Mr. and Mrs. Page's homecoming was a tragedy. They sailed from Liverpool on August 3rd, and reached New York on the evening of August 11th. But sad news awaited them upon the dock. About two months previously their youngest son, Frank, had been married to Miss Katherine Sefton, of Auburn, N.Y., and the young couple had settled down in Garden City, Long Island. That was the summer when the epidemic of infantile paralysis swept over the larger part of the United States. The young bride was stricken; the case was unusually rapid and unusually severe; at the moment of the Pages' arrival, they were informed that there was practically no hope; and Mrs. Frank Page died at two o'clock on the afternoon of the following day. The Pages had always been a particularly united and happy family; this was the first time that they had suffered from any domestic sorrow of this kind, and the Ambassador was so affected that it was with difficulty that he could summon himself for the task that lay ahead.

In a few days, however, he left for Washington. He has himself described his experience at the Capital in words that must inevitably take their place in history. To appreciate properly the picture which Page gives, it must be remembered that the city and the officialdom which he portrays are the same city and the same men who six months afterward declared war on Germany. When Page reached Washington, the Presidential campaign was in full swing, with Mr. Wilson as the Democratic candidate and Mr. Charles E. Hughes as the Republican. But another crisis was absorbing the nation's attention: the railway unions, comprising practically all the 2,000,000 railway employees in the United States, were threatening to strike—ostensibly for an eight-hour day, in reality for higher wages.

Mr. Page's memorandum of his visit to Washington in August, 1916

The President was very courteous to me, in his way. He invited me to luncheon the day after I arrived. Present: the President, Mrs. Wilson, Miss Bones, Tom Bolling, his brother-in-law, and I. The conversation was general and in the main jocular. Not a word about England, not a word about a foreign policy or foreign relations.

He explained that the threatened railway strike engaged his whole mind. I asked to have a talk with him when his mind should be free. Would I not go off and rest and come back?—I preferred to do my minor errands with the Department, but I should hold myself at his convenience and at his command.

Two weeks passed. Another invitation to lunch. Sharp, the Ambassador to France, had arrived. He, too, was invited. Present: the President, Mrs. Wilson, Mrs. Wallace, the Misses Smith of New Orleans, Miss Bones, Sharp, and I. Not one word about foreign affairs.

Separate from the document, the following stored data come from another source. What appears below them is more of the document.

-- ===== src/Service/Main.antt =====
-- The choice of a command by `main` of srvc_lib/src/main.c and of srvc_runner/src/main.c.
use smtp_course_work.Base.{
  ℕ, ◌≡◌, ◌<◌, ◌^◌, refl, Bool, true, false, none, some, List, [], ◌∷◌, success, failure, Bytes,
  length, ltb, ℤ, pos, negsuc, ◌==◌, if◌then◌else◌,
}
use smtp_course_work.Service.{same_path}
use smtp_course_work.Service.Decimal.{pid_line, scan_pid-pid_line}
use smtp_course_work.Service.PidFile.{
  Host, stop_service, stop_pid, read_pidfile, check_status, delete_pidfile,
}
use smtp_course_work.Service.Start.{
  End, results, exits, becomes, waiting, faults, StartReplies, start, start_runner,
}
use smtp_course_work.Service.Clean.{write_file-same}

-- "start", "stop" and "status"
abbrev pub start_word : Bytes
start_word = b's' ∷ b't' ∷ b'a' ∷ b'r' ∷ b't' ∷ []

abbrev pub stop_word : Bytes
stop_word = b's' ∷ b't' ∷ b'o' ∷ b'p' ∷ []

abbrev pub status_word : Bytes
status_word = b's' ∷ b't' ∷ b'a' ∷ b't' ∷ b'u' ∷ b's' ∷ []

-- What the calls of a command answer: those of `start`, whether the pid file can be read, which processes are alive, and
-- which may be sent SIGTERM.
pub record CommandReplies : Type 0 where
  pub starting : StartReplies
  pub logs : Bool
  pub readable : Bool
  pub alive : ℤ → Bool
  pub kills : ℤ → Bool

-- How `main` ends, what it leaves, and the processes that it sends SIGTERM to.
pub record Ended : Type 0 where
  pub end : End
  pub host : Host
  pub sent : List ℤ

abbrev pub ended : End → Host → Ended
ended e h = record { end = e; host = h; sent = [] }

-- the value that `main` returns for that of `start`
unfoldable pub main_end : End → End
main_end (results success) = exits 0
main_end (results failure) = exits 1
main_end (exits n) = exits n
main_end becomes = becomes
main_end waiting = waiting
main_end faults = faults

abbrev pub is_failed : ℤ → Bool
is_failed (pos n) = false
is_failed (negsuc n) = n == 0

module _ (resolve : Bytes → Bytes → Bytes) (k : CommandReplies) where
  -- `main` of srvc_lib/src/main.c, on the arguments behind the name of the program; `usage` exits with 1. The results
  -- of stop_service and check_status are dropped.
  unfoldable pub service_main : List Bytes → Host → Ended
  unfolding start stop_service main_end
  service_main [] h = ended (exits 1) h
  service_main (cmd ∷ []) h = ended (exits 1) h
  service_main (cmd ∷ pidfile ∷ rest) h =
      if same_path cmd start_word
      then if ltb (length rest) 2
        then ended (exits 1) h
        else (let r = start resolve k.starting pidfile h in ended (main_end r.0) r.1)
      else if same_path cmd stop_word
      then if length rest == 0
        then record {
          end = exits 0;
          host = h;
          sent = (stop_service resolve k.readable k.alive k.kills pidfile h).sent;
        }
        else ended (exits 1) h
      else if same_path cmd status_word
      then if length rest == 0 then ended (exits 0) h else ended (exits 1) h
      else ended (exits 1) h

  -- the command `stop` of the runner
  unfoldable pub runner_stop : Bytes → Host → Ended
  unfolding stop_service delete_pidfile
  runner_stop pidfile h =
      let s = stop_service resolve k.readable k.alive k.kills pidfile h in
      if is_failed s.result then record { end = exits 1; host = h; sent = s.sent } else record {
        end = exits 0;
        host = (delete_pidfile resolve k.starting.unlinks pidfile h).1;
        sent = s.sent;
      }

  unfoldable pub runner_status : Bytes → Host → Ended
  unfolding check_status
  runner_status pidfile h = elim (check_status resolve k.readable k.alive pidfile h) [
    | success ↦ ended (exits 0) h
    | failure ↦ ended (exits 1) h
  ]

  -- `main` of srvc_runner/src/main.c
  unfoldable pub runner_main : List Bytes → Host → Ended
  unfolding start_runner runner_stop runner_status main_end
  runner_main [] h = ended (exits 1) h
  runner_main (cmd ∷ []) h = ended (exits 1) h
  runner_main (cmd ∷ pidfile ∷ rest) h =
      if same_path cmd start_word
      then if ltb (length rest) 2
        then ended (exits 1) h
        else (let r = start_runner resolve k.logs k.starting pidfile h in ended (main_end r.0) r.1)
      else if same_path cmd stop_word
      then if length rest == 0 then runner_stop pidfile h else ended (exits 1) h
      else if same_path cmd status_word
      then if length rest == 0 then runner_status pidfile h else ended (exits 1) h
      else ended (exits 1) h

  -- Where the pid file holds the number of a process that is alive, can be read and removed, and the process may be sent
  -- signals, the command `stop` of the runner sends it SIGTERM, removes the file and exits with 0.
  pub runner_main_stop :
      (pidfile : Bytes) (pid : ℕ) (h : Host)
      → pid < 2 ^ 31
      → h.file (resolve h.cwd pidfile) ≡ some (pid_line pid)
      → k.readable ≡ true
      → k.alive (pos pid) ≡ true
      → k.kills (pos pid) ≡ true
      → k.starting.unlinks ≡ true
      → ((runner_main (stop_word ∷ pidfile ∷ []) h).end ≡ exits 0)
        × ((runner_main (stop_word ∷ pidfile ∷ []) h).sent ≡ pos pid ∷ [])
        × ((runner_main (stop_word ∷ pidfile ∷ []) h).host.file (resolve h.cwd pidfile) ≡ none)
  unfolding runner_main runner_stop stop_service read_pidfile stop_pid delete_pidfile
  runner_main_stop pidfile pid h small e r a m u =
      rw
        (
          r,
          e,
          scan_pid-pid_line pid small,
          a,
          m,
          u,
          stop_service,
          stop_pid,
          read_pidfile,
          delete_pidfile,
        )
        (refl, refl, write_file-same h.file (resolve h.cwd pidfile) none)
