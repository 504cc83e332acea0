-- ===== src/Service/Stop.antt =====
-- Stopping a service by its pid file, and the pid files that stay behind.
use smtp_course_work.Base.{
  ℕ, ◌≡◌, refl, Bool, true, false, none, some, List, [], ◌∷◌, success, failure, Bytes, ℤ, pos, ◌<◌,
  ◌^◌,
}
use smtp_course_work.Kernel.{returns}
use smtp_course_work.Service.{same_path}
use smtp_course_work.Service.Decimal.{pid_line, scan_pid-pid_line}
use smtp_course_work.Service.PidFile.{
  Host, write_file, opens, closes, in_child, in_parent, WaitReply, daemonize, set_sighandler_pid,
  wait_service, close_pidfile, open_pidfile, delete_pidfile, root, stop_service, stop_pid,
  read_pidfile,
}
use smtp_course_work.Service.Start.{
  results, StartReplies, clean_up, run_service, run_daemon, start, after_open, after_daemonize,
}
use smtp_course_work.Service.Clean.{write_file-same}

module _ (resolve : Bytes → Bytes → Bytes) (path : Bytes) (h : Host) where
  -- Where the pid file is there, `start` fails and changes nothing.
  start_exists :
      (k : StartReplies) (s : Bytes)
      → h.file (resolve h.cwd path) ≡ some s
      → start resolve k path h ≡ (results failure, h)
  unfolding start open_pidfile after_open
  start_exists k s e = rw (e, open_pidfile) refl

  -- `stop_service` sends SIGTERM to the process whose number the pid file holds, where that process is alive and may
  -- be sent signals, and returns its number; where it is not alive, it sends nothing and returns 0.
  pub stop_service_lem :
      (alive kills : ℤ → Bool) (pid : ℕ)
      → pid < 2 ^ 31
      → h.file (resolve h.cwd path) ≡ some (pid_line pid)
      → kills (pos pid) ≡ true
      → (alive (pos pid) ≡ true
          → ((stop_service resolve true alive kills path h).result ≡ pos pid)
            × ((stop_service resolve true alive kills path h).sent ≡ pos pid ∷ []))
        × (alive (pos pid) ≡ false
            → ((stop_service resolve true alive kills path h).result ≡ pos 0)
              × ((stop_service resolve true alive kills path h).sent ≡ []))
  unfolding stop_service read_pidfile stop_pid
  stop_service_lem alive kills pid small e may =
      let r = scan_pid-pid_line pid small in
      (
        λ a. rw (e, r, a, may, stop_service, stop_pid) (refl, refl),
        λ a. rw (e, r, a, stop_service, stop_pid) (refl, refl),
      )

-- the answers with which every call succeeds
abbrev pub smooth : ℕ → ℕ → List WaitReply → StartReplies
smooth pid service waited = record {
  opening = opens;
  daemon = record { parent_is_init = false; forked = in_child; has_session = true; moves = true };
  handles = true;
  pid = pid;
  closing = closes;
  forked = in_parent service;
  executes = true;
  waited = waited;
  unlinks = true;
}

-- Where the path of the pid file means another file behind `chdir`, neither is there before, every call succeeds and
-- the service ends well, `start` returns success and leaves the pid file, with the number of its own process.
pub start_stays :
    (resolve : Bytes → Bytes → Bytes) (path : Bytes) (h : Host) (pid service : ℕ)
    (waited : List WaitReply)
    → h.file (resolve h.cwd path) ≡ none
    → h.file (resolve root path) ≡ none
    → same_path (resolve h.cwd path) (resolve root path) ≡ false
    → wait_service waited ≡ returns success
    → ((start resolve (smooth pid service waited) path h).0 ≡ results success)
      × ((start resolve (smooth pid service waited) path h).1.file (resolve h.cwd path)
          ≡ some (pid_line pid))
unfolding start open_pidfile after_open after_daemonize daemonize run_daemon close_pidfile
    run_service set_sighandler_pid clean_up delete_pidfile
start_stays resolve path h pid service waited absent absent' other w =
    rw (absent, w, other, absent', open_pidfile, run_service, delete_pidfile)
      (
        refl,
        write_file-same (write_file h.file (resolve h.cwd path) (some [])) (resolve h.cwd path) _,
      )
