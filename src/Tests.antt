-- ===== src/Tests.antt =====
-- The theorems at concrete inputs.
mod Buffers
mod Sockets
mod Databases
mod Connections
mod Threads
mod Servers
mod Services
mod Logins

After luncheon, the whole party drove to the Capitol, where the President addressed Congress on the strike, proposing legislation to prevent it and to forestall similar strikes. It is a simple ceremony and somewhat impressive. The Senators occupy the front seats in the House, the Speaker presides and the President of the Senate sits on his right. An escorting committee is sent out to bring the President in. He walks to the clerk's or reader's desk below the presiding officer's, turns and shakes hands with them both and then proceeds to read his speech, very clearly and audibly. Some passages were applauded. When he had done, he again shook hands with the presiding officer and went out, preceded and followed by the White House escort. I sat in the Presidential (or diplomatic?) gallery with the White House party, higgledy-piggledy.

The speech ended, the President drove to the White House with his escort in his car. The crowds in the corridors and about the doors waited and crowded to see Mrs. Wilson, quite respectful but without order or discipline. We had to push our way through them. Now and then a policeman at a distance would yell loudly, "Make way there!"

When we reached the White House, I asked the doorman if the President had arrived.

"Yes."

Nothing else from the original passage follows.